(Items from a data source)
----

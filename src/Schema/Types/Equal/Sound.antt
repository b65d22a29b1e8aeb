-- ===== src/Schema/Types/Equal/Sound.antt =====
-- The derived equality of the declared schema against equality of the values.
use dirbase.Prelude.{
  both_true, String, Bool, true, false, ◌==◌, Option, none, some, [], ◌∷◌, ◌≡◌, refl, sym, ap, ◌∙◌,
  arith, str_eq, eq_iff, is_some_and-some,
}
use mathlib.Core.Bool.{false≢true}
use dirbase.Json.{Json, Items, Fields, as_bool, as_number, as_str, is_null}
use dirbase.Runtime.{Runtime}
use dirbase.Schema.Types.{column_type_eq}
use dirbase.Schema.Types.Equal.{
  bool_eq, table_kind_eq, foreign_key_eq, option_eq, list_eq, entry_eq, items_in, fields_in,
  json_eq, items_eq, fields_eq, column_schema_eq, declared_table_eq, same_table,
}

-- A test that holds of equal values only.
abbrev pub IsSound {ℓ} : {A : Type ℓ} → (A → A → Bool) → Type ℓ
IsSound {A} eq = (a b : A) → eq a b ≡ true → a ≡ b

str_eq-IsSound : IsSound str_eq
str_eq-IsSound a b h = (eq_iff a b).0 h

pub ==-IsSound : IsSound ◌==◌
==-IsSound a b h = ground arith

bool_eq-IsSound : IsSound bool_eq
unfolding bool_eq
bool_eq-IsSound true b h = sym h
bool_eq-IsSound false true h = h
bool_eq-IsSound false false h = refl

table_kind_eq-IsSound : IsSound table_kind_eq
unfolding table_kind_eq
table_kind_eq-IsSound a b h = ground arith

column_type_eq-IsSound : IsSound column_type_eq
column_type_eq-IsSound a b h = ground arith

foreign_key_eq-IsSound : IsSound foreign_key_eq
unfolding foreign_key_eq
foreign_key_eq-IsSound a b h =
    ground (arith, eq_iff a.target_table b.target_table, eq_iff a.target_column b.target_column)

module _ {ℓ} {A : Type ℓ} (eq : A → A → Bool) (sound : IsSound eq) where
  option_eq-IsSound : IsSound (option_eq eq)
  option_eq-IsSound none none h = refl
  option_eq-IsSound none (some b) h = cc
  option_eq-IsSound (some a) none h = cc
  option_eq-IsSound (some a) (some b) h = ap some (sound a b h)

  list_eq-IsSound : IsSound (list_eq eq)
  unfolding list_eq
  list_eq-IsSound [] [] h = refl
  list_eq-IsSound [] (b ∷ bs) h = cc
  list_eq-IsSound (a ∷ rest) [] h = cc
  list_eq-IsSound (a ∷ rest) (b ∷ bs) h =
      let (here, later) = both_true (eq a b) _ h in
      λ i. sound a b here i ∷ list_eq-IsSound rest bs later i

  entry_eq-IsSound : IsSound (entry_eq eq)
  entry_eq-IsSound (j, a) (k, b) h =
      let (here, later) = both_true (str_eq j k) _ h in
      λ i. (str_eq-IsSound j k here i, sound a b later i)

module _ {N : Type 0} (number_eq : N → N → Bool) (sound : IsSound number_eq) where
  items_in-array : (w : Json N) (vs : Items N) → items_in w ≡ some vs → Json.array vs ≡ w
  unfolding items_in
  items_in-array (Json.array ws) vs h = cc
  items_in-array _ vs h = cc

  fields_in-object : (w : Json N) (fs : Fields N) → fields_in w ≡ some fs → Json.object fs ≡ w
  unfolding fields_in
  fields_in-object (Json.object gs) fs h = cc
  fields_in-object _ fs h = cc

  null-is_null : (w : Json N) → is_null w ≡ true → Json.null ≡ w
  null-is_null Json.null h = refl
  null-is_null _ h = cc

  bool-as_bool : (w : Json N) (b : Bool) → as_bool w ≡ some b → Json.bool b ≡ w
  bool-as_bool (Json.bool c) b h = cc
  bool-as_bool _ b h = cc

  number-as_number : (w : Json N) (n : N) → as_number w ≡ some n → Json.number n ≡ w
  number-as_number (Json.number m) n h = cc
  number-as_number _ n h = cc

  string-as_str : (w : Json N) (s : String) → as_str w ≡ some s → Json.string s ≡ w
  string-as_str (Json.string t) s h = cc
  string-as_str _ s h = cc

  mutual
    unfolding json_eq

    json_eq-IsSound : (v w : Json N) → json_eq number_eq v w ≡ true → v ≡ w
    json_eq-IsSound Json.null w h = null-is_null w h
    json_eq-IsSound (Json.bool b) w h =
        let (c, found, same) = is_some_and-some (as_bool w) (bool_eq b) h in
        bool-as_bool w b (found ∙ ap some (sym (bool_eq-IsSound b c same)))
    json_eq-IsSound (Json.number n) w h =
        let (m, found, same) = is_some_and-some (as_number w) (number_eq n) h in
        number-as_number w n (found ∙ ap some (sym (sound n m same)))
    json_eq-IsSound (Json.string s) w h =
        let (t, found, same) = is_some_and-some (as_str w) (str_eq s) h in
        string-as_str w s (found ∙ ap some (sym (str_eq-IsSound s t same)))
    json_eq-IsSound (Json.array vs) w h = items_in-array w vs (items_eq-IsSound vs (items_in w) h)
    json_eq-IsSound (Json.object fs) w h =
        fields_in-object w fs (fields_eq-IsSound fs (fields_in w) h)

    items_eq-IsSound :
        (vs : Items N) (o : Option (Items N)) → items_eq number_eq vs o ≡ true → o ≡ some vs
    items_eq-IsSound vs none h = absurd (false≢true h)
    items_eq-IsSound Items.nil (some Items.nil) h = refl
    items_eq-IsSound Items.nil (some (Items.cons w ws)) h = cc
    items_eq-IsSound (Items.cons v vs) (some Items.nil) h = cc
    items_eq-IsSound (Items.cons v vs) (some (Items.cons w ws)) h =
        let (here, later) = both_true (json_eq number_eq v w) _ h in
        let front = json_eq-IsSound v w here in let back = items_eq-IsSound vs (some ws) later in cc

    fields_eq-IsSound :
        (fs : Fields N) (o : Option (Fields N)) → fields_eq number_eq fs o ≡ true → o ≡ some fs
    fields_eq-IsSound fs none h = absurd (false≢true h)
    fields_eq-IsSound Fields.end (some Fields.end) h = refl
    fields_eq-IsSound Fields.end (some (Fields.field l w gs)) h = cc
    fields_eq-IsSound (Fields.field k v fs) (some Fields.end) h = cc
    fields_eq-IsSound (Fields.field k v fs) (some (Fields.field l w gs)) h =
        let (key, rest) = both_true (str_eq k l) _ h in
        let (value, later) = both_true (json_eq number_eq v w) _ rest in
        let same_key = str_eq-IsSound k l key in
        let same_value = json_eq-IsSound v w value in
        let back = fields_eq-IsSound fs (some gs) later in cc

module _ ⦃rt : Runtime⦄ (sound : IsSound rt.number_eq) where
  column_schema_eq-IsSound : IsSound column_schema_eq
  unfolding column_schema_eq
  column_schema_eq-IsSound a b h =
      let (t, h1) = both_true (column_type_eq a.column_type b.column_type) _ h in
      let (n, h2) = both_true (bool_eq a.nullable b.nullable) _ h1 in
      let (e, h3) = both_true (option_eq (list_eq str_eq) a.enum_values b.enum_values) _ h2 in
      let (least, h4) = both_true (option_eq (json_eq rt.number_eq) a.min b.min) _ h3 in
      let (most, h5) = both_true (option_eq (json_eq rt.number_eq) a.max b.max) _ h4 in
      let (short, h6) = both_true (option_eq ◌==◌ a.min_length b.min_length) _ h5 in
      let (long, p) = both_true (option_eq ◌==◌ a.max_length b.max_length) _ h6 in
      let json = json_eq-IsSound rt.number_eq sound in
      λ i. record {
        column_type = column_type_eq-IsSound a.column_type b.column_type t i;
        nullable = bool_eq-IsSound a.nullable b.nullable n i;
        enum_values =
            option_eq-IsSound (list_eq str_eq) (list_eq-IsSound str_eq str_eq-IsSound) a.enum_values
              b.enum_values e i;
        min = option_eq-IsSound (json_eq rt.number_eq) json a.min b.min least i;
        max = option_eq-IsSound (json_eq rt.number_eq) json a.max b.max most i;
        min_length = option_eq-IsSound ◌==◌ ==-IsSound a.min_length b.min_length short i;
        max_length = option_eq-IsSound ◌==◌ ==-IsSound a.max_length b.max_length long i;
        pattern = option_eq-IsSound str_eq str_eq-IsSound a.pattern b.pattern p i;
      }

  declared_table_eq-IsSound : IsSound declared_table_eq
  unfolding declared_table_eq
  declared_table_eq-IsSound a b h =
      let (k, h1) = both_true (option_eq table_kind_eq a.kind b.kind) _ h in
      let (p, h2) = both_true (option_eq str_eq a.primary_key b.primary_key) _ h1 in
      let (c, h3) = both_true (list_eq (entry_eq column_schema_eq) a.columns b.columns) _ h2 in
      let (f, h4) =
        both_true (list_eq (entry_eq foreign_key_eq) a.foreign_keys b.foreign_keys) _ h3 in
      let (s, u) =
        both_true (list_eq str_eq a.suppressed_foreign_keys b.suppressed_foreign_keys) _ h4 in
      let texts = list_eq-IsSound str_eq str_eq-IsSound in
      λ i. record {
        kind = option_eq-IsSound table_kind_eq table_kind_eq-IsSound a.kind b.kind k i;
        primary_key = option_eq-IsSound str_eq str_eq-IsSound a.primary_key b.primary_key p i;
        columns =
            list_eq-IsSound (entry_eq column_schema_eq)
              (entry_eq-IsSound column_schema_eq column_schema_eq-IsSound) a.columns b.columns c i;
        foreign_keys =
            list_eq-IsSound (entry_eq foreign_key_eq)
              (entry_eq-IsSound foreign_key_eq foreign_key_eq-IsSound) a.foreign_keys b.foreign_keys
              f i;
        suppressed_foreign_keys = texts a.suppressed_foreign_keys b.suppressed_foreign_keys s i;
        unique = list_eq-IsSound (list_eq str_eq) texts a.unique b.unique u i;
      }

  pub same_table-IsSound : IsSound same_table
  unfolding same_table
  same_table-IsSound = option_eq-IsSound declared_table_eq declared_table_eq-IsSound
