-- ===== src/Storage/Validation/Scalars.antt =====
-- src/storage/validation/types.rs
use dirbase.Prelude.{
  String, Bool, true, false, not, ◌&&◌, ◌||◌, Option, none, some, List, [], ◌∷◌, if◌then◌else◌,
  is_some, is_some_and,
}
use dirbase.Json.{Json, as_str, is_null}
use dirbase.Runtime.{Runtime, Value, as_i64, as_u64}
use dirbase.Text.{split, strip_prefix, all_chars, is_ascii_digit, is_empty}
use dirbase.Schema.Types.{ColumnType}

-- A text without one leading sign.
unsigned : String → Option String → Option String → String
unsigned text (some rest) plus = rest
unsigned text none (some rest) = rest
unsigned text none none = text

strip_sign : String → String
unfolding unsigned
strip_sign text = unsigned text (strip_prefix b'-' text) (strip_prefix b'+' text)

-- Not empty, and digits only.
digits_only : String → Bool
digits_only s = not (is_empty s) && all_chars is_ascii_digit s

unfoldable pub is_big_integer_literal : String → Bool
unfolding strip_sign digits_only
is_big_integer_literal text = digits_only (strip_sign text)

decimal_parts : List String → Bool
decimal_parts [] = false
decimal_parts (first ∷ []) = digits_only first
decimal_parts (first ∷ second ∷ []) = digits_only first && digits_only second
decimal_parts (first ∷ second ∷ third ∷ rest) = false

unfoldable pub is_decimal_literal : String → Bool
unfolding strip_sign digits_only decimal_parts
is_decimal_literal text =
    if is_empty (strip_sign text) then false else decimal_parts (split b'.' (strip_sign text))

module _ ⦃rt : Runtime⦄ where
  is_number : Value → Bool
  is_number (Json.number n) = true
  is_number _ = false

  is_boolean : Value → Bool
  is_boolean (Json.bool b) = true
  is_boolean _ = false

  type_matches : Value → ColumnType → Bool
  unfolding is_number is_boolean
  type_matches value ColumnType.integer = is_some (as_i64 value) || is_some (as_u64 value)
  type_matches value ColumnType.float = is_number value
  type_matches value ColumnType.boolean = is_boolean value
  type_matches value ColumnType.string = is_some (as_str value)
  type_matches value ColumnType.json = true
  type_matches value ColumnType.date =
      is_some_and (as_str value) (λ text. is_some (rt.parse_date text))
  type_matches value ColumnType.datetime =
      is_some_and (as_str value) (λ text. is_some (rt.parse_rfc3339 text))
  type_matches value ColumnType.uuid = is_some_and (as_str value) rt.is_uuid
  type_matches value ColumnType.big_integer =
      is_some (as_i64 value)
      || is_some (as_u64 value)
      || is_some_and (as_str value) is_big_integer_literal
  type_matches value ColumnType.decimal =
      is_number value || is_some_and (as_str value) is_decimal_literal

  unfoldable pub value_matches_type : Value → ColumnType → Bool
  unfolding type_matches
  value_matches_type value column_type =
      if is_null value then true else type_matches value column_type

----

◆ Task directions
Write out only the lines from the very start of the entries above to the line that includes "abbrev pub IsSound", both ends included, each one unchanged.

◆ Answer
filename src/Schema/Types/Equal/Sound.antt
repository b65d22a29b1e8aeb
-- ===== src/Schema/Types/Equal/Sound.antt =====
-- The derived equality of the declared schema against equality of the values.
use dirbase.Prelude.{
  both_true, String, Bool, true, false, ◌==◌, Option, none, some, [], ◌∷◌, ◌≡◌, refl, sym, ap, ◌∙◌,
  arith, str_eq, eq_iff, is_some_and-some,
}
use mathlib.Core.Bool.{false≢true}
use dirbase.Json.{Json, Items, Fields, as_bool, as_number, as_str, is_null}
use dirbase.Runtime.{Runtime}
use dirbase.Schema.Types.{column_type_eq}
use dirbase.Schema.Types.Equal.{
  bool_eq, table_kind_eq, foreign_key_eq, option_eq, list_eq, entry_eq, items_in, fields_in,
  json_eq, items_eq, fields_eq, column_schema_eq, declared_table_eq, same_table,
}

-- A test that holds of equal values only.
abbrev pub IsSound {ℓ} : {A : Type ℓ} → (A → A → Bool) → Type ℓ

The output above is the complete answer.